EXERCISE DETAILS
Carry over every entry exactly as it appears in the records.

Stored data

_ _ _ _ _ _ _

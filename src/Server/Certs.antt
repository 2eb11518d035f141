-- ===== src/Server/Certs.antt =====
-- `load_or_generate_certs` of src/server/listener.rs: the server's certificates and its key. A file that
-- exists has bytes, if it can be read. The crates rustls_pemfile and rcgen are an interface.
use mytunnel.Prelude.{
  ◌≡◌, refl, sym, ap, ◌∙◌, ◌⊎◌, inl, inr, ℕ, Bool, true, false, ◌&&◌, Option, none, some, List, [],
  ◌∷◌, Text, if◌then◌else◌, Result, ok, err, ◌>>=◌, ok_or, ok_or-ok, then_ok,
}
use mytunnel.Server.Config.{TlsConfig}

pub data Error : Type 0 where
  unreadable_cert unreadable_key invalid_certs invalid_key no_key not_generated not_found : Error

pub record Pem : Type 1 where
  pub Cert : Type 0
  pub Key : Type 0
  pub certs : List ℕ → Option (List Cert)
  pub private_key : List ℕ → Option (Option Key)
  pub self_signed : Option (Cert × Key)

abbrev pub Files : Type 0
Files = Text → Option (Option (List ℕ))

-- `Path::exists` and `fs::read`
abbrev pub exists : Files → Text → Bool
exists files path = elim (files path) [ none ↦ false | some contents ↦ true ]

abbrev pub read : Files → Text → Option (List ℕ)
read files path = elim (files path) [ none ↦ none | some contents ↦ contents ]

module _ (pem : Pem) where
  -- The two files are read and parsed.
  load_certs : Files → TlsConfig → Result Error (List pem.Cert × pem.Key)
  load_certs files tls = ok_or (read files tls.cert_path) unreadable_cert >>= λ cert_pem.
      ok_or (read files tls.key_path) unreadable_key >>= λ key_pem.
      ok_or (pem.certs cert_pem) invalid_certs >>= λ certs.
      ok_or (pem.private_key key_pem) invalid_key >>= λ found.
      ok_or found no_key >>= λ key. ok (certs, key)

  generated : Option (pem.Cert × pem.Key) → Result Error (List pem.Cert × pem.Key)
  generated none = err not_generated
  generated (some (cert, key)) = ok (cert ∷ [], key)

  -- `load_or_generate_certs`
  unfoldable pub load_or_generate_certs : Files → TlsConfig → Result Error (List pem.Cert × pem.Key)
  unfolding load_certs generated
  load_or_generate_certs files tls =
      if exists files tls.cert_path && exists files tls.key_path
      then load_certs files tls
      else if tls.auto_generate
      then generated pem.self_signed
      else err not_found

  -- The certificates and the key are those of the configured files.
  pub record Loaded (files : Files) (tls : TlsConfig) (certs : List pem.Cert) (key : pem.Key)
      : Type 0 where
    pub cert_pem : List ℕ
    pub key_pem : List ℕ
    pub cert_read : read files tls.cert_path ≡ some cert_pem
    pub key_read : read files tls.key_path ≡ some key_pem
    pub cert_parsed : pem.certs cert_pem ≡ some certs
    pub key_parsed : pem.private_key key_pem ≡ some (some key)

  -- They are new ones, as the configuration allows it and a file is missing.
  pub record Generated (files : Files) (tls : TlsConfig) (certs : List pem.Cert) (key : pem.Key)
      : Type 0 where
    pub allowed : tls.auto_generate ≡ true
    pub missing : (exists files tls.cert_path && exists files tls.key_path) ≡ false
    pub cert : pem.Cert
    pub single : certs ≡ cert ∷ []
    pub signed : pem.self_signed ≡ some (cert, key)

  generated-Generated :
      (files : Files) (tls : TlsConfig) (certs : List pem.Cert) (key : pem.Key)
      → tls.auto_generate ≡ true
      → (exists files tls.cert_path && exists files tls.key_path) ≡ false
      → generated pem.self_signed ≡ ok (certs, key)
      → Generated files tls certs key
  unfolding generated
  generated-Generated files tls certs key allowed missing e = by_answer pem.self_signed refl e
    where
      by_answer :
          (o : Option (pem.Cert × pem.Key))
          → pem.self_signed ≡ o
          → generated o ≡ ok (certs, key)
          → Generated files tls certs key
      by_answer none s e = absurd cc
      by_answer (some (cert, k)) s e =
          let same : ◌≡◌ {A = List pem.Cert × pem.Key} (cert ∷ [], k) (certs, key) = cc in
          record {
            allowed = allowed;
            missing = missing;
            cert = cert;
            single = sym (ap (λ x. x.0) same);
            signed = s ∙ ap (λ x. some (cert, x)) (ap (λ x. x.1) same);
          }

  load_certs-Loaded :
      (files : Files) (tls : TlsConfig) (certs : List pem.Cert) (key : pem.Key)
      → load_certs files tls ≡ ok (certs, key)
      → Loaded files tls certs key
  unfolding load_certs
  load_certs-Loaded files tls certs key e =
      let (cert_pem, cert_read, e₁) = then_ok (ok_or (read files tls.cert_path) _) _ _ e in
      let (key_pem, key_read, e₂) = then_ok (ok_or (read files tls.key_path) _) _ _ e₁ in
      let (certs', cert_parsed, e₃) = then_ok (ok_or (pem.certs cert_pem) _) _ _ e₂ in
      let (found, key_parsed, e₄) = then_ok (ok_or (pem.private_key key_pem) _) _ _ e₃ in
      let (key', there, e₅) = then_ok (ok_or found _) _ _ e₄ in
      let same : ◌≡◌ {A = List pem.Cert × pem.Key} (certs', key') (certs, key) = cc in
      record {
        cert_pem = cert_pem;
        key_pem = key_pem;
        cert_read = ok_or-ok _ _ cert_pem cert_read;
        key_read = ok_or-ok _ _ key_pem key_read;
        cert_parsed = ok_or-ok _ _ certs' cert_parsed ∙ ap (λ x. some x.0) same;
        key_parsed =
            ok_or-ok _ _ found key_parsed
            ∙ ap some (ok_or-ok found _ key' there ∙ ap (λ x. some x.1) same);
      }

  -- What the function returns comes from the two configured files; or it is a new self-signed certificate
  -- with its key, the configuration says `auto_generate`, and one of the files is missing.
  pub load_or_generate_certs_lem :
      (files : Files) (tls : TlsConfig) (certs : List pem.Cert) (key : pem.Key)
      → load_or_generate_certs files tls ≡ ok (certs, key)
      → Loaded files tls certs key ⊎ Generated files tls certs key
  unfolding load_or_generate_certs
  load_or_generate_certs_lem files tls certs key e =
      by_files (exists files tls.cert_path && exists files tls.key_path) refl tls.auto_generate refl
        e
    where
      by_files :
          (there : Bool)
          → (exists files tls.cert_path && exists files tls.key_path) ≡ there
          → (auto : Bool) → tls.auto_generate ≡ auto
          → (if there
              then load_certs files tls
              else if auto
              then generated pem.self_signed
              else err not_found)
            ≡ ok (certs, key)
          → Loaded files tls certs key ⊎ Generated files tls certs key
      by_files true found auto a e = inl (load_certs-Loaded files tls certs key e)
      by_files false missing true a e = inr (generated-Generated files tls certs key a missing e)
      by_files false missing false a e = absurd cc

_ _ _ _ _ _ _

ANSWER TO THIS EXERCISE
filename src/Server/Certs.antt
repository 2eb11518d035f141
-- ===== src/Server/Certs.antt =====
-- `load_or_generate_certs` of src/server/listener.rs: the server's certificates and its key. A file that
-- exists has bytes, if it can be read. The crates rustls_pemfile and rcgen are an interface.
use mytunnel.Prelude.{
  ◌≡◌, refl, sym, ap, ◌∙◌, ◌⊎◌, inl, inr, ℕ, Bool, true, false, ◌&&◌, Option, none, some, List, [],
  ◌∷◌, Text, if◌then◌else◌, Result, ok, err, ◌>>=◌, ok_or, ok_or-ok, then_ok,
}
use mytunnel.Server.Config.{TlsConfig}

pub data Error : Type 0 where
  unreadable_cert unreadable_key invalid_certs invalid_key no_key not_generated not_found : Error

pub record Pem : Type 1 where
  pub Cert : Type 0
  pub Key : Type 0
  pub certs : List ℕ → Option (List Cert)
  pub private_key : List ℕ → Option (Option Key)
  pub self_signed : Option (Cert × Key)

abbrev pub Files : Type 0
Files = Text → Option (Option (List ℕ))

-- `Path::exists` and `fs::read`
abbrev pub exists : Files → Text → Bool
exists files path = elim (files path) [ none ↦ false | some contents ↦ true ]

abbrev pub read : Files → Text → Option (List ℕ)
read files path = elim (files path) [ none ↦ none | some contents ↦ contents ]

module _ (pem : Pem) where
  -- The two files are read and parsed.
  load_certs : Files → TlsConfig → Result Error (List pem.Cert × pem.Key)
  load_certs files tls = ok_or (read files tls.cert_path) unreadable_cert >>= λ cert_pem.
      ok_or (read files tls.key_path) unreadable_key >>= λ key_pem.
      ok_or (pem.certs cert_pem) invalid_certs >>= λ certs.
      ok_or (pem.private_key key_pem) invalid_key >>= λ found.
      ok_or found no_key >>= λ key. ok (certs, key)

  generated : Option (pem.Cert × pem.Key) → Result Error (List pem.Cert × pem.Key)
  generated none = err not_generated
  generated (some (cert, key)) = ok (cert ∷ [], key)

  -- `load_or_generate_certs`
  unfoldable pub load_or_generate_certs : Files → TlsConfig → Result Error (List pem.Cert × pem.Key)
  unfolding load_certs generated
  load_or_generate_certs files tls =
      if exists files tls.cert_path && exists files tls.key_path
      then load_certs files tls
      else if tls.auto_generate
      then generated pem.self_signed
      else err not_found

  -- The certificates and the key are those of the configured files.
  pub record Loaded (files : Files) (tls : TlsConfig) (certs : List pem.Cert) (key : pem.Key)
      : Type 0 where
    pub cert_pem : List ℕ
    pub key_pem : List ℕ
    pub cert_read : read files tls.cert_path ≡ some cert_pem
    pub key_read : read files tls.key_path ≡ some key_pem
    pub cert_parsed : pem.certs cert_pem ≡ some certs
    pub key_parsed : pem.private_key key_pem ≡ some (some key)

  -- They are new ones, as the configuration allows it and a file is missing.
  pub record Generated (files : Files) (tls : TlsConfig) (certs : List pem.Cert) (key : pem.Key)
      : Type 0 where
    pub allowed : tls.auto_generate ≡ true
    pub missing : (exists files tls.cert_path && exists files tls.key_path) ≡ false
    pub cert : pem.Cert
    pub single : certs ≡ cert ∷ []
    pub signed : pem.self_signed ≡ some (cert, key)

  generated-Generated :
      (files : Files) (tls : TlsConfig) (certs : List pem.Cert) (key : pem.Key)
      → tls.auto_generate ≡ true
      → (exists files tls.cert_path && exists files tls.key_path) ≡ false
      → generated pem.self_signed ≡ ok (certs, key)
      → Generated files tls certs key
  unfolding generated
  generated-Generated files tls certs key allowed missing e = by_answer pem.self_signed refl e
    where
      by_answer :
          (o : Option (pem.Cert × pem.Key))
          → pem.self_signed ≡ o
          → generated o ≡ ok (certs, key)
          → Generated files tls certs key
      by_answer none s e = absurd cc
      by_answer (some (cert, k)) s e =
          let same : ◌≡◌ {A = List pem.Cert × pem.Key} (cert ∷ [], k) (certs, key) = cc in
          record {
            allowed = allowed;
            missing = missing;
            cert = cert;
            single = sym (ap (λ x. x.0) same);
            signed = s ∙ ap (λ x. some (cert, x)) (ap (λ x. x.1) same);
          }

  load_certs-Loaded :
      (files : Files) (tls : TlsConfig) (certs : List pem.Cert) (key : pem.Key)
      → load_certs files tls ≡ ok (certs, key)
      → Loaded files tls certs key
  unfolding load_certs
  load_certs-Loaded files tls certs key e =
      let (cert_pem, cert_read, e₁) = then_ok (ok_or (read files tls.cert_path) _) _ _ e in
      let (key_pem, key_read, e₂) = then_ok (ok_or (read files tls.key_path) _) _ _ e₁ in
      let (certs', cert_parsed, e₃) = then_ok (ok_or (pem.certs cert_pem) _) _ _ e₂ in
      let (found, key_parsed, e₄) = then_ok (ok_or (pem.private_key key_pem) _) _ _ e₃ in
      let (key', there, e₅) = then_ok (ok_or found _) _ _ e₄ in
      let same : ◌≡◌ {A = List pem.Cert × pem.Key} (certs', key') (certs, key) = cc in
      record {
        cert_pem = cert_pem;
        key_pem = key_pem;
        cert_read = ok_or-ok _ _ cert_pem cert_read;
        key_read = ok_or-ok _ _ key_pem key_read;
        cert_parsed = ok_or-ok _ _ certs' cert_parsed ∙ ap (λ x. some x.0) same;
        key_parsed =
            ok_or-ok _ _ found key_parsed
            ∙ ap some (ok_or-ok found _ key' there ∙ ap (λ x. some x.1) same);
      }

  -- What the function returns comes from the two configured files; or it is a new self-signed certificate
  -- with its key, the configuration says `auto_generate`, and one of the files is missing.
  pub load_or_generate_certs_lem :
      (files : Files) (tls : TlsConfig) (certs : List pem.Cert) (key : pem.Key)
      → load_or_generate_certs files tls ≡ ok (certs, key)
      → Loaded files tls certs key ⊎ Generated files tls certs key
  unfolding load_or_generate_certs
  load_or_generate_certs_lem files tls certs key e =
      by_files (exists files tls.cert_path && exists files tls.key_path) refl tls.auto_generate refl
        e
    where
      by_files :
          (there : Bool)
          → (exists files tls.cert_path && exists files tls.key_path) ≡ there
          → (auto : Bool) → tls.auto_generate ≡ auto
          → (if there
              then load_certs files tls
              else if auto
              then generated pem.self_signed
              else err not_found)
            ≡ ok (certs, key)
          → Loaded files tls certs key ⊎ Generated files tls certs key
      by_files true found auto a e = inl (load_certs-Loaded files tls certs key e)
      by_files false missing true a e = inr (generated-Generated files tls certs key a missing e)
      by_files false missing false a e = absurd cc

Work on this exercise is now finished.